• _Data provided_
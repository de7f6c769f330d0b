-- ===== src/Device/Keeping.antt =====
-- viewer/store.go: the invariant of the tv_devices table.
use phimtor.Base.{
  ℕ, suc, ◌<◌, Bool, false, ◌&&◌, ◌||◌, ◌⊎◌, Option, none, some, List, [], ◌∷◌, leb, ◌==◌, All,
  All-mono, if_elim, ◌≡◌, refl, sym, ap, ◌∙◌, arith, Bool-cases, inl, inr, subst,
}
use phimtor.Base.Bytes.{Bytes}
use phimtor.Device.{
  Device, Devices, new_pairing, is_pending, is_user, has_code, is_taken, create_device_pairing,
  can_approve, approve_row, approve_rows, approve_device_pairing, touch_device, touch_row,
  touch_rows, revoke_device, revoke_row, revoke_rows, reap_device_pairings, reap_rows,
}
use phimtor.Device.Pairing.{
  Call, IsSame, IsPaired, clashes, AreApart, AllApart, IsNumbered, IsWell, no_devices, step, run,
}

module _ (same : Bytes → Bytes → Bool) where
  -- A row after a query: its keys are kept, or its code is dropped.
  abbrev Keeps : Device → Device → Type 0
  Keeps d e =
      (d.id ≡ e.id)
      × (d.device_code ≡ e.device_code)
      × ((d.user_code ≡ e.user_code) ⊎ (e.user_code ≡ none))

  clashes-none : (c : Option Bytes) → clashes same c none ≡ false
  clashes-none none = refl
  clashes-none (some c) = refl

  Keeps-apart :
      (d d' e e' : Device) → Keeps d d' → Keeps e e' → AreApart same d e → AreApart same d' e'
  Keeps-apart d d' e e' k l a = (
    λ q. a.0 (k.0 ∙ q ∙ sym l.0),
    ap (λ c. same c e'.device_code) (sym k.1) ∙ ap (λ c. same d.device_code c) (sym l.1) ∙ a.1,
    codes d.user_code d'.user_code e.user_code e'.user_code k.2 l.2 a.2,
  )
    where
      codes :
          (c c' f f' : Option Bytes)
          → (c ≡ c') ⊎ (c' ≡ none)
          → (f ≡ f') ⊎ (f' ≡ none)
          → clashes same c f ≡ false
          → clashes same c' f' ≡ false
      codes c c' f f' (inr n) q a = rw n refl
      codes c c' f f' (inl p) (inr n) a = rw n (clashes-none c')
      codes c c' f f' (inl p) (inl q) a =
          ap (λ x. clashes same x f') (sym p) ∙ ap (λ x. clashes same c x) (sym q) ∙ a

  -- A function on rows that keeps keys keeps the rows apart.
  module _ (f : Device → Device) (keeps : (d : Device) → Keeps d (f d)) where
    abbrev each : List Device → List Device
    each [] = []
    each (d ∷ ds) = f d ∷ each ds

    each-apart_from :
        (d : Device) (ds : List Device)
        → All (AreApart same d) ds
        → All (AreApart same (f d)) (each ds)
    each-apart_from d [] h = tt
    each-apart_from d (e ∷ ds) h =
        (Keeps-apart d (f d) e (f e) (keeps d) (keeps e) h.0, each-apart_from d ds h.1)

    each-apart : (ds : List Device) → AllApart same ds → AllApart same (each ds)
    each-apart [] h = tt
    each-apart (d ∷ ds) h = (each-apart_from d ds h.0, each-apart ds h.1)

    each-IsNumbered :
        (n : ℕ) (ds : List Device) → All (IsNumbered n) ds → All (IsNumbered n) (each ds)
    each-IsNumbered n [] h = tt
    each-IsNumbered n (d ∷ ds) h =
        (subst (λ i. (0 < i) × (i < n)) (keeps d).0 h.0, each-IsNumbered n ds h.1)

    each-IsPaired :
        ((d : Device) → IsPaired d → IsPaired (f d))
        → (ds : List Device) → All IsPaired ds
        → All IsPaired (each ds)
    each-IsPaired g [] h = tt
    each-IsPaired g (d ∷ ds) h = (g d h.0, each-IsPaired g ds h.1)

  approve_row-Keeps :
      (now : ℕ) (code : Bytes) (user : ℕ) (d : Device) → Keeps d (approve_row same now code user d)
  unfolding approve_row
  approve_row-Keeps now code user d =
      if_elim (Keeps d) (can_approve same now code d) _ _ (λ _. (refl, refl, inr refl))
        (λ _. (refl, refl, inl refl))

  approve_row-IsPaired :
      (now : ℕ) (code : Bytes) (user : ℕ) (d : Device)
      → IsPaired d
      → IsPaired (approve_row same now code user d)
  unfolding approve_row
  approve_row-IsPaired now code user d h =
      if_elim IsPaired (can_approve same now code d) _ _ (λ _. (refl, λ q. ground arith)) (λ _. h)

  revoke_row-Keeps : (device user : ℕ) (d : Device) → Keeps d (revoke_row device user d)
  unfolding revoke_row
  revoke_row-Keeps device user d =
      if_elim (Keeps d) (d.id == device && is_user user d.user_id) _ _ (λ _. (refl, refl, inr refl))
        (λ _. (refl, refl, inl refl))

  revoke_row-IsPaired :
      (device user : ℕ) (d : Device) → IsPaired d → IsPaired (revoke_row device user d)
  unfolding revoke_row
  revoke_row-IsPaired device user d h =
      if_elim IsPaired (d.id == device && is_user user d.user_id) _ _ (λ _. refl) (λ _. h)

  approve_rows-each :
      (now : ℕ) (code : Bytes) (user : ℕ) (ds : List Device)
      → approve_rows same now code user ds
        ≡ each (approve_row same now code user) (approve_row-Keeps now code user) ds
  unfolding approve_rows
  approve_rows-each now code user [] = refl
  approve_rows-each now code user (d ∷ ds) =
      ap (λ es. approve_row same now code user d ∷ es) (approve_rows-each now code user ds)

  revoke_rows-each :
      (device user : ℕ) (ds : List Device)
      → revoke_rows device user ds ≡ each (revoke_row device user) (revoke_row-Keeps device user) ds
  unfolding revoke_rows
  revoke_rows-each device user [] = refl
  revoke_rows-each device user (d ∷ ds) =
      ap (λ es. revoke_row device user d ∷ es) (revoke_rows-each device user ds)

  each-IsWell :
      (f : Device → Device) (keeps : (d : Device) → Keeps d (f d)) (t : Devices)
      → ((d : Device) → IsPaired d → IsPaired (f d))
      → IsWell same t
      → IsWell same (record { next_id = t.next_id; rows = each f keeps t.rows })
  each-IsWell f keeps t g w = record {
    paired = each-IsPaired f keeps g t.rows w.paired;
    numbered = each-IsNumbered f keeps t.next_id t.rows w.numbered;
    apart = each-apart f keeps t.rows w.apart;
    started = w.started;
  }

  touch_row-Keeps : (now device : ℕ) (d : Device) → Keeps d (touch_row now device d)
  unfolding touch_row
  touch_row-Keeps now device d =
      if_elim (Keeps d) (d.id == device) _ _ (λ _. (refl, refl, inl refl))
        (λ _. (refl, refl, inl refl))

  touch_row-IsPaired :
      (now device : ℕ) (d : Device) → IsPaired d → IsPaired (touch_row now device d)
  unfolding touch_row
  touch_row-IsPaired now device d h = if_elim IsPaired (d.id == device) _ _ (λ _. h) (λ _. h)

  touch_rows-each :
      (now device : ℕ) (ds : List Device)
      → touch_rows now device ds ≡ each (touch_row now device) (touch_row-Keeps now device) ds
  unfolding touch_rows
  touch_rows-each now device [] = refl
  touch_rows-each now device (d ∷ ds) =
      ap (λ es. touch_row now device d ∷ es) (touch_rows-each now device ds)

  reap_rows-All {κ} :
      (P : Device → Type κ) (now : ℕ) (ds : List Device) → All P ds → All P (reap_rows now ds)
  unfolding reap_rows
  reap_rows-All P now [] h = tt
  reap_rows-All P now (d ∷ ds) h =
      if_elim (All P) (is_pending d.status && leb d.expires_at now) _ _
        (λ _. reap_rows-All P now ds h.1) (λ _. (h.0, reap_rows-All P now ds h.1))

  reap_rows-apart :
      (now : ℕ) (ds : List Device) → AllApart same ds → AllApart same (reap_rows now ds)
  unfolding reap_rows
  reap_rows-apart now [] h = tt
  reap_rows-apart now (d ∷ ds) h =
      if_elim (AllApart same) (is_pending d.status && leb d.expires_at now) _ _
        (λ _. reap_rows-apart now ds h.1)
        (λ _. (reap_rows-All (AreApart same d) now ds h.0, reap_rows-apart now ds h.1))

  -- A row whose codes no row has taken stands apart from all of them.
  is_taken-apart :
      (new : Device) (user_code : Bytes) (ds : List Device)
      → IsSame same
      → new.user_code ≡ some user_code
      → All (IsNumbered new.id) ds
      → is_taken same new.device_code user_code ds ≡ false
      → All (AreApart same new) ds
  unfolding is_taken
  is_taken-apart new user_code [] s e n h = tt
  is_taken-apart new user_code (d ∷ ds) s e n h =
      let parts =
        or_false (same d.device_code new.device_code) (has_code same user_code d.user_code)
          (is_taken same new.device_code user_code ds) h in
      (
        (
          λ q. ground (arith, n.0),
          swapped s d.device_code new.device_code parts.0,
          ap (λ c. clashes same c d.user_code) e ∙ clashes-has_code s user_code d.user_code parts.1,
        ),
        is_taken-apart new user_code ds s e n.1 parts.2,
      )
    where
      or_false : (a b c : Bool) → (a || b || c) ≡ false → (a ≡ false) × (b ≡ false) × (c ≡ false)
      or_false a b c h = (ground arith, ground arith, ground arith)

      swapped : IsSame same → (a b : Bytes) → same a b ≡ false → same b a ≡ false
      swapped s a b h = elim (Bool-cases (same b a)) [
        | inl e ↦ absurd (ground (arith, s.symmetric b a e))
        | inr e ↦ e
      ]

      clashes-has_code :
          IsSame same
          → (code : Bytes) (c : Option Bytes) → has_code same code c ≡ false
          → clashes same (some code) c ≡ false
      clashes-has_code s code none h = refl
      clashes-has_code s code (some c) h = swapped s c code h

  create-IsWell :
      (now : ℕ) (device_code user_code name : Bytes) (ttl : ℕ) (t : Devices)
      → IsSame same
      → IsWell same t
      → IsWell same (create_device_pairing same now device_code user_code name ttl t).1
  unfolding create_device_pairing
  create-IsWell now device_code user_code name ttl t s w =
      elim (Bool-cases (is_taken same device_code user_code t.rows)) [
        | inl e ↦ rw e (record {
          paired = w.paired;
          numbered = later t.rows w.numbered;
          apart = w.apart;
          started = omega arith;
        })
        | inr e ↦ rw e (record {
          paired = (((λ q. ground arith), refl), w.paired);
          numbered = ((w.started, omega arith), later t.rows w.numbered);
          apart = (
            is_taken-apart (new_pairing t.next_id now device_code user_code name ttl) user_code
                t.rows s refl w.numbered e,
            w.apart,
          );
          started = omega arith;
        })
      ]
    where
      later :
          (ds : List Device) → All (IsNumbered t.next_id) ds → All (IsNumbered (suc t.next_id)) ds
      later ds h =
          All-mono (IsNumbered t.next_id) (IsNumbered (suc t.next_id)) ds
            (λ d q. (q.0, omega arith)) h

  with_rows :
      (t : Devices) {ds es : List Device}
      → ds ≡ es
      → IsWell same (record { next_id = t.next_id; rows = es })
      → IsWell same (record { next_id = t.next_id; rows = ds })
  with_rows t e w =
      subst (λ rows. IsWell same (record { next_id = t.next_id; rows = rows })) (sym e) w

  step-IsWell : (c : Call) (t : Devices) → IsSame same → IsWell same t → IsWell same (step same c t)
  unfolding step approve_device_pairing touch_device revoke_device reap_device_pairings
  step-IsWell (Call.create now device_code user_code name ttl) t s w =
      create-IsWell now device_code user_code name ttl t s w
  step-IsWell (Call.approve now code user) t s w =
      with_rows t (approve_rows-each now code user t.rows) (
        each-IsWell (approve_row same now code user) (approve_row-Keeps now code user) t
          (approve_row-IsPaired now code user) w)
  step-IsWell (Call.touch now device) t s w = with_rows t (touch_rows-each now device t.rows) (
      each-IsWell (touch_row now device) (touch_row-Keeps now device) t
        (touch_row-IsPaired now device) w)
  step-IsWell (Call.revoke device user) t s w = with_rows t (revoke_rows-each device user t.rows) (
      each-IsWell (revoke_row device user) (revoke_row-Keeps device user) t
        (revoke_row-IsPaired device user) w)
  step-IsWell (Call.reap now) t s w = record {
    paired = reap_rows-All IsPaired now t.rows w.paired;
    numbered = reap_rows-All (IsNumbered t.next_id) now t.rows w.numbered;
    apart = reap_rows-apart now t.rows w.apart;
    started = w.started;
  }

  -- Any sequence of queries keeps the table well formed: a pairing that waits has a code and no account,
  -- an approved one has an account and no code, and ids and codes are distinct.
  pub run-IsWell :
      (cs : List Call) (t : Devices) → IsSame same → IsWell same t → IsWell same (run same cs t)
  unfolding run
  run-IsWell [] t s w = w
  run-IsWell (c ∷ cs) t s w = run-IsWell cs (step same c t) s (step-IsWell c t s w)

  pub no_devices-IsWell : IsWell same no_devices
  no_devices-IsWell = record { paired = tt; numbered = tt; apart = tt; started = omega arith }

• _Task_
For this exercise, return every line from the data that holds the string "IsSame".

• _Task output_
  Call, IsSame, IsPaired, clashes, AreApart, AllApart, IsNumbered, IsWell, no_devices, step, run,
      → IsSame same
      swapped : IsSame same → (a b : Bytes) → same a b ≡ false → same b a ≡ false
          IsSame same
      → IsSame same
  step-IsWell : (c : Call) (t : Devices) → IsSame same → IsWell same t → IsWell same (step same c t)
      (cs : List Call) (t : Devices) → IsSame same → IsWell same t → IsWell same (run same cs t)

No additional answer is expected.